The chorus of the title song begins, "Gigi, am I a fool without a mind or have I merely been to blind to realize..." Some might be tempted to add: "...that if it ain't broke, 'fixing' it makes its failure no surprise." While the Paris-set Gigi takes place in a very different long-ago time and place with characters whose attitudes, lifestyles, and perspectives are very different than those of today, the powers that be decided that audiences could not or would not or should not accept that and that it needed some overhauling. Putting emphasis on courting rather than courtesans, and shrinking the age difference between Gigi and Gaston, it becomes a different story. Underestimating an audience's ability to understand and even listen to the lyric "Thank Heaven for Little Girls" strikes me as a panic attack. After the title line, it clearly and immediately states the reason for the thanks, which is simply that girls will grow into attractive adult women, but was was it indeed thought unseemly for a man to be praising "little girls," and thus Honoré's famous solo was reassigned to Gigi's female caretakers? I suppose we should be glad the P.C. squad didn't force a change in songs rejoicing "The Night They Invented Champagne" lest it be seen as irresponsibly endorsing the dangers of indiscriminating imbibing of alcohol or that Gaston's opening line in "She Is Not Thinking of Me," remarking that "She's so gay tonight!" would be mistaken by modern listeners as indicating that his lady friend Liane is not attracted to him because she's a lesbian.
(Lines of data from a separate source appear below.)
-- ===== src/Simulator/Ready/Transitions.antt =====
-- Each transition of the cell leaves it with a way out of its state.
use cell_oee_demo.Prelude.{
  ℕ, suc, ◌≡◌, refl, sym, ◌∙◌, Bool, true, Option, none, some, List, arith, Bool-cases,
  Option-cases, inl, inr, any, is_some, ℤ,
}
use cell_oee_demo.Simulator.Valid.{IsForward, Forward, Positive, IsArithmetic, IsValidated}
use mathlib.Core.Path.{subst}
use cell_oee_demo.Domain.{Scope}
use cell_oee_demo.Simulator.World.{World}
use cell_oee_demo.Simulator.Model.{
  CellState, producing, planned_stop, Mode, fault_station, fault_origin, default_origin,
  origin_of_station,
}
use cell_oee_demo.Simulator.Config.{SimConfig}
use cell_oee_demo.Simulator.Faults.{next_interruption}
use cell_oee_demo.Simulator.Host.{
  SetupKind, dressing, cap_change, StopKind, nothing, interruption, stopped, slot_end, interrupt,
  stop_end, Event, push,
}
use cell_oee_demo.Simulator.Cell.{
  Cell, Simulation, schedule, publish, with_cell, entered, enter, stop_for, schedule_slot,
  start_setup, begin_part, arm_interrupt, start_producing, resume, fault_seconds, enter_fault,
  state_tags, remaining, after_delay, sample_cycle_s,
}
use cell_oee_demo.Simulator.Ready.{Sure, is_live, WayOut, IsKnown, IsFree, IsReady}
use cell_oee_demo.Simulator.Ready.Queue.{
  if-both, any-push-new, push-WayOut, schedule-IsFree, schedule-HasWay, publish-IsFree, slot-CoreOf,
}
use cell_oee_demo.Simulator.Ready.Disturbances.{next_interruption-MayInterrupt}

-- The states that `stop_end` ends.
abbrev pub IsStop : CellState → Type 0
IsStop producing = ⊥
IsStop planned_stop = ⊥
IsStop _ = Unit

module _ (w : World) where
  WayOut-IsStop :
      (state : CellState) (epoch : ℕ) (active : Bool) (heap : List (Event w))
      → IsStop state
      → any (is_live w stop_end epoch) heap ≡ true
      → WayOut w state epoch active heap
  WayOut-IsStop producing epoch active heap st h = elim st [ ]
  WayOut-IsStop planned_stop epoch active heap st h = elim st [ ]
  WayOut-IsStop CellState.fault epoch active heap st h = h
  WayOut-IsStop CellState.setup epoch active heap st h = h
  WayOut-IsStop CellState.starved epoch active heap st h = h
  WayOut-IsStop CellState.blocked epoch active heap st h = h
  WayOut-IsStop CellState.manual epoch active heap st h = h

  -- The way out of a state other than producing.
  abbrev pub StillWay : CellState → ℕ → Bool → List (Event w) → Type 0
  StillWay producing epoch active heap = Unit
  StillWay state epoch active heap = WayOut w state epoch active heap

  renewed :
      (state : CellState) (epoch : ℕ) (active : Bool) (e : Event w) (heap : List (Event w))
      → is_live w slot_end epoch e ≡ true
      → StillWay state epoch active heap
      → WayOut w state epoch active (push w e heap)
  renewed producing epoch active e heap live h =
      any-push-new w (is_live w slot_end epoch) e heap live
  renewed planned_stop epoch active e heap live h = h
  renewed CellState.fault epoch active e heap live h =
      push-WayOut w CellState.fault epoch active e heap h
  renewed CellState.setup epoch active e heap live h =
      push-WayOut w CellState.setup epoch active e heap h
  renewed CellState.starved epoch active e heap live h =
      push-WayOut w CellState.starved epoch active e heap h
  renewed CellState.blocked epoch active e heap live h =
      push-WayOut w CellState.blocked epoch active e heap h
  renewed CellState.manual epoch active e heap live h =
      push-WayOut w CellState.manual epoch active e heap h

  module _ (cfg : SimConfig w) where
    remaining-IsForward :
        (end_ts : Option ℕ) (now : ℕ) (old : ℤ)
        → IsForward old
        → IsForward (remaining w end_ts now old)
    remaining-IsForward none now old h = h
    remaining-IsForward (some end_ts) now old h = tt

    pub entered-IsFree :
        (state : CellState) (code : ℕ) (mode : Mode) (origin : ℕ) (s : Simulation w)
        → IsFree w cfg s
        → IsFree w cfg (entered w state code mode origin s)
    unfolding entered
    entered-IsFree state code mode origin s (core, beat, next) =
        let slot = remaining w s.cell.slot_end_ts s.now s.cell.slot_remaining in
        let forward =
          remaining-IsForward s.cell.slot_end_ts s.now s.cell.slot_remaining core.slot_forward in
        publish-IsFree w cfg (state_tags w state code mode origin)
          (record s {
            cell = record s.cell {
              slot_remaining = slot;
              slot_end_ts = none;
              epoch = suc s.cell.epoch;
              state = state;
            };
          })
          (slot-CoreOf w cfg slot s.cell.slot_len s forward core.len_forward core, beat, next)

    pub stop_for-IsReady :
        (duration : w.F) (kind : StopKind) (s : Simulation w)
        → Forward w duration
        → IsFree w cfg s
        → IsKnown w cfg stop_end (stopped kind)
        → IsStop s.cell.state
        → IsReady w cfg (stop_for w duration kind s)
    unfolding stop_for schedule
    stop_for-IsReady duration kind s forward h known st =
        let due : Event w = record {
          ts = after_delay s.now (w.micros duration);
          seq = s.seq;
          kind = stop_end;
          epoch = some s.cell.epoch;
          payload = stopped kind;
        } in
        let live : is_live w stop_end s.cell.epoch due ≡ true = ground arith in
        (
          schedule-IsFree w cfg (w.micros duration) stop_end (some s.cell.epoch) (stopped kind) s
              forward known h,
          WayOut-IsStop s.cell.state s.cell.epoch s.cell.break_active (push w due s.heap) st
              (any-push-new w (is_live w stop_end s.cell.epoch) due s.heap live),
        )

    pub start_setup-IsReady :
        (kind : SetupKind) (duration : w.F) (s : Simulation w)
        → Forward w duration
        → IsFree w cfg s
        → Sure (IsReady w cfg) (start_setup w kind duration s)
    unfolding start_setup enter default_origin entered publish
    start_setup-IsReady kind duration s forward h =
        stop_for-IsReady duration (StopKind.setup kind) _ forward
          (entered-IsFree CellState.setup 0 Mode.auto 20 s h) tt tt

    -- A new slot gives the producing cell its way out, and leaves that of any other state.
    pub schedule_slot-IsReady :
        (s : Simulation w)
        → IsFree w cfg s
        → StillWay s.cell.state s.cell.epoch s.cell.break_active s.heap
        → IsReady w cfg (schedule_slot w s)
    unfolding schedule_slot schedule
    schedule_slot-IsReady s h still =
        let due : Event w = record {
          ts = after_delay s.now s.cell.slot_remaining;
          seq = s.seq;
          kind = slot_end;
          epoch = some s.cell.epoch;
          payload = nothing;
        } in
        let live : is_live w slot_end s.cell.epoch due ≡ true = ground arith in
        (
          schedule-IsFree w cfg s.cell.slot_remaining slot_end (some s.cell.epoch) nothing s
              h.0.slot_forward tt h,
          renewed s.cell.state s.cell.epoch s.cell.break_active due s.heap live still,
        )

    -- The length of the slots of a new part.
    slot-Positive :
        (rng : w.R)
        → IsArithmetic w
        → IsValidated w cfg
        → Positive w (w.div (sample_cycle_s w cfg rng).0 (w.real cfg.weld.points_per_part))
    unfolding sample_cycle_s
    slot-Positive rng laws valid =
        laws.div_positive _ _
          (laws.add_positive _ _ valid.cycle (laws.lognormvariate_positive _ _ rng))
          (laws.real_positive cfg.weld.points_per_part valid.points)

    begin_part-IsFree :
        (s : Simulation w)
        → IsArithmetic w
        → IsValidated w cfg
        → IsFree w cfg s
        → IsFree w cfg (with_cell w (begin_part w cfg) s)
    unfolding begin_part
    begin_part-IsFree s laws valid (core, beat, next) =
        let (cycle, rng) = sample_cycle_s w cfg s.cell.cycle_rng in
        let len = w.div cycle (w.real cfg.weld.points_per_part) in
        let forward = laws.positive_forward len (slot-Positive s.cell.cycle_rng laws valid) in
        if-both (λ (c : Cell w). IsFree w cfg (with_cell w (λ _. c) s)) s.cell.part_active _ _
          (λ e. (core, beat, next))
          λ e. (slot-CoreOf w cfg (w.micros len) len s forward forward core, beat, next)

    begin_part-state : (c : Cell w) → (begin_part w cfg c).state ≡ c.state
    unfolding begin_part
    begin_part-state c = elim (Bool-cases c.part_active) [ inl e ↦ rw e refl | inr e ↦ rw e refl ]

    arm_interrupt-IsReady :
        (s : Simulation w)
        → IsArithmetic w
        → IsValidated w cfg
        → IsReady w cfg s
        → IsReady w cfg (arm_interrupt w cfg s)
    unfolding arm_interrupt
    arm_interrupt-IsReady s laws valid (free, way) =
        let rng = (next_interruption w cfg s.cell.arrivals).1 in
        let s' : Simulation w = with_cell w (λ c. record c { arrivals = rng }) s in
        let drawn = next_interruption-MayInterrupt w laws cfg s.cell.arrivals valid in
        elim (Option-cases (next_interruption w cfg s.cell.arrivals).0) [
          | inl e ↦ rw (e, arm_interrupt) (free, way)
          | inr (i, e) ↦
              let known = rw e at drawn in
              rw (e, arm_interrupt)
                (
                  schedule-IsFree w cfg (w.micros i.delay_s) interrupt (some s.cell.epoch)
                      (interruption i) s' known.1 known.0 free,
                  schedule-HasWay w cfg (w.micros i.delay_s) interrupt (some s.cell.epoch)
                      (interruption i) s' way,
                )
        ]

    start_producing-IsReady :
        (s : Simulation w)
        → IsArithmetic w
        → IsValidated w cfg
        → IsFree w cfg s
        → Sure (IsReady w cfg) (start_producing w cfg s)
    unfolding start_producing enter default_origin
    start_producing-IsReady s laws valid h =
        let s₁ = entered w producing 0 Mode.auto 0 s in
        let made : s₁.cell.state ≡ producing = unfold entered publish in refl in
        let s₂ : Simulation w = with_cell w (begin_part w cfg) s₁ in
        arm_interrupt-IsReady (schedule_slot w s₂) laws valid (
          schedule_slot-IsReady s₂
            (begin_part-IsFree s₁ laws valid (entered-IsFree producing 0 Mode.auto 0 s h))
            (subst (λ st. StillWay st s₂.cell.epoch s₂.cell.break_active s₂.heap)
              (sym (begin_part-state s₁.cell ∙ made)) tt))

    on_break-IsReady :
        (s : Simulation w)
        → s.cell.break_active ≡ true
        → IsFree w cfg s
        → Sure (IsReady w cfg) (enter w planned_stop 0 s)
    unfolding enter default_origin entered publish
    on_break-IsReady s e h = (entered-IsFree planned_stop 0 Mode.auto 99 s h, e)

    -- `_resume` never raises, and leaves a state that ends.
    pub resume-IsReady :
        (s : Simulation w)
        → IsArithmetic w
        → IsValidated w cfg
        → IsFree w cfg s
        → Sure (IsReady w cfg) (resume w cfg s)
    unfolding resume
    resume-IsReady s laws valid h =
        if-both (Sure (IsReady w cfg)) s.cell.break_active _ _ (λ e. on_break-IsReady s e h)
          λ e.
            if-both (Sure (IsReady w cfg)) s.cell.cap_change_due _ _
              (λ k.
                start_setup-IsReady cap_change cfg.weld.cap_change.duration_s s
                  (laws.positive_forward cfg.weld.cap_change.duration_s valid.cap_change) h)
              λ k.
                if-both (Sure (IsReady w cfg)) s.cell.dressing_due _ _
                  (λ m.
                    start_setup-IsReady dressing cfg.weld.tip_dressing.duration_s s
                      (laws.positive_forward cfg.weld.tip_dressing.duration_s valid.dressing) h)
                  λ m. start_producing-IsReady s laws valid h

    pub is_some-cases {ℓ} : {A : Type ℓ} (o : Option A) → is_some o ≡ true → (x : A) × (o ≡ some x)
    is_some-cases none h = absurd (ground arith)
    is_some-cases (some x) h = (x, refl)

    pub fault_origin-known :
        (code : ℕ) (station : Scope)
        → fault_station code ≡ some station
        → fault_origin code ≡ some (origin_of_station station)
    unfolding fault_origin
    fault_origin-known code station e = rw (e, fault_origin) refl

    pub Sure-cases {ℓ} :
        {A : Type ℓ} (Q : A → Type 0) (o : Option A) → Sure Q o → (x : A) × (o ≡ some x) × Q x
    Sure-cases Q none h = elim h [ ]
    Sure-cases Q (some x) h = (x, refl, h)

    -- The duration of a fault, drawn or given, is there and not negative.
    abbrev pub HasDuration : ℕ → Option w.F → w.R → Type 0
    HasDuration code duration rng =
        Sure (λ (r : w.F × w.R). Forward w r.0) (fault_seconds w cfg code duration rng)

    -- A fault of a known station.
    pub enter_fault-IsReady :
        (code : ℕ) (duration : Option w.F) (s : Simulation w)
        → is_some (fault_station code) ≡ true
        → ((rng : w.R) → HasDuration code duration rng)
        → IsFree w cfg s
        → Sure (IsReady w cfg) (enter_fault w cfg code duration s)
    unfolding enter_fault enter
    enter_fault-IsReady code duration s known lasts h =
        let (station, found) = is_some-cases (fault_station code) known in
        let origin = origin_of_station station in
        let e : default_origin CellState.fault code ≡ some origin =
          unfold default_origin in fault_origin-known code station found in
        let s₁ = entered w CellState.fault code Mode.auto origin s in
        let made : s₁.cell.state ≡ CellState.fault = unfold entered publish in refl in
        let free = entered-IsFree CellState.fault code Mode.auto origin s h in
        let ((d, rng), k, forward) =
          Sure-cases (λ (r : w.F × w.R). Forward w r.0)
            (fault_seconds w cfg code duration s₁.cell.durations) (lasts s₁.cell.durations) in
        let s₂ : Simulation w = with_cell w (λ c. record c { durations = rng }) s₁ in
        let st : IsStop s₂.cell.state = subst IsStop (sym made) tt in
        rw e (rw k (stop_for-IsReady d (StopKind.fault code) s₂ forward free known st))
While this newest Gigi album is a mixed bag, with characters portrayed differently than in the past, there are things to appreciate and recommend it. After all, it is difficult to take all the charm out of Gigi's score.

While robust-voiced Howard McGillin is always a welcome cast album presence, and it's too bad he, as the roué Honoré, couldn't try for a heavenly "Thank Heaven...," we can take some consolation in hearing pros Victoria Clark and Dee Hoty team up for it. Clark is also reassigned Gigi's solo, "Say a Prayer for Me Tonight," which, theatre history buffs will note, is actually a second-phase recycling as it was originally written for Eliza Doolittle to have in My Fair Lady on her way to the ball. Another Honoré solo, "I'm Glad I'm Not Young Anymore," becomes a duet, with Clark called upon again, and while the division of lines gives her the key punch lines, it comes off as more sweet than funny. The same can be said of their combining on "I Remember It Well," which also loses its truly touching quality. Both sound too solid and with more vocal youth than long-in-the-tooth personae, so it's not as endearing as it could be. She sounds a bit too peeved with his faulty memory, rather than being affectionately understanding.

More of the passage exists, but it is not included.